ADW Reader Authentication

index_col

  • To read a large dataset efficiently in a partitioned manner, index_col serves as the partition key.

  • index_col column must be present in the select query view.

  • index_col must have NUMBER as its SQL datatype.

  • Required: No

  • Default: If not provided, all the data is read using a single partition only.

index column example
  • sql_query:select emp.employee_id as en ,emp.first_name as FN, emp.last_name as LN from employees

  • index_col:en

no_of_partitions

  • no_of_partitions is used to specify the number of partitions required to read a large dataset.

  • index_col must be specified to use the number of partitions.

  • Required: No

  • Default: If not provided, a default value of 1 is used.

number of partition example
  • sql_query:select emp.employee_id as en ,emp.first_name as FN, emp.last_name as LN from employees

  • index_col:en

  • no_of_partitions :3

partition_size

  • partition_size is used to specify the memory size of a partition required to read a large dataset

  • index_col must be specified to use the partition_size

  • The value of the partition size can take a numeric values like 10240 for 10 MB, or string values like 10 MiB for 10 MB.

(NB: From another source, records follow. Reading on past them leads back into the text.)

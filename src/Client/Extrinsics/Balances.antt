-- ===== src/Client/Extrinsics/Balances.antt =====
-- src/src/extrinsic/balances.rs: calls of pallet-balances.
use substrate_api_client.Prelude.{Result, ◌++◌}
use substrate_api_client.Primitives.Params.{Composed}
use substrate_api_client.Client.Extrinsics.Common.{Encodings, Composer, composed}

module _
    {Signer Account Signature Tip Index H E Address Balance AccountId Hash Destination : Type 0}
    (self : Composer Signer Account Signature Tip Index H E)
    (enc : Encodings Address Balance AccountId Hash Destination) where
  unfoldable pub balance_transfer : Address → Balance → Result E (Composed self.signing)
  unfolding composed
  balance_transfer to amount =
      composed self "Balances" "transfer" (enc.address to ++ enc.compact_balance amount)

  unfoldable pub balance_set_balance :
      Address → Balance → Balance → Result E (Composed self.signing)
  unfolding composed
  balance_set_balance who free_balance reserved_balance = composed self "Balances" "set_balance" (
      enc.address who ++ (enc.compact_balance free_balance ++ enc.compact_balance reserved_balance))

  • The number of partitions is calculated dynamically using size of the data read and the partition_size value.

  • Required: No

  • Default: If not provided, a default value of 256 MiB is used.

partition size example
  • sql_query:select emp.employee_id as en ,emp.first_name as FN, emp.last_name as LN from employees

  • index_col:en

  • partition_size :10240

Note

  • If the partition_size and no_of_partitions are not provided, the number of partitions are calculated using

the default value of partition_size which is 256 MiB.

  • If the partition_size and no_of_partitions are both provided, no_of_partitions is honoured.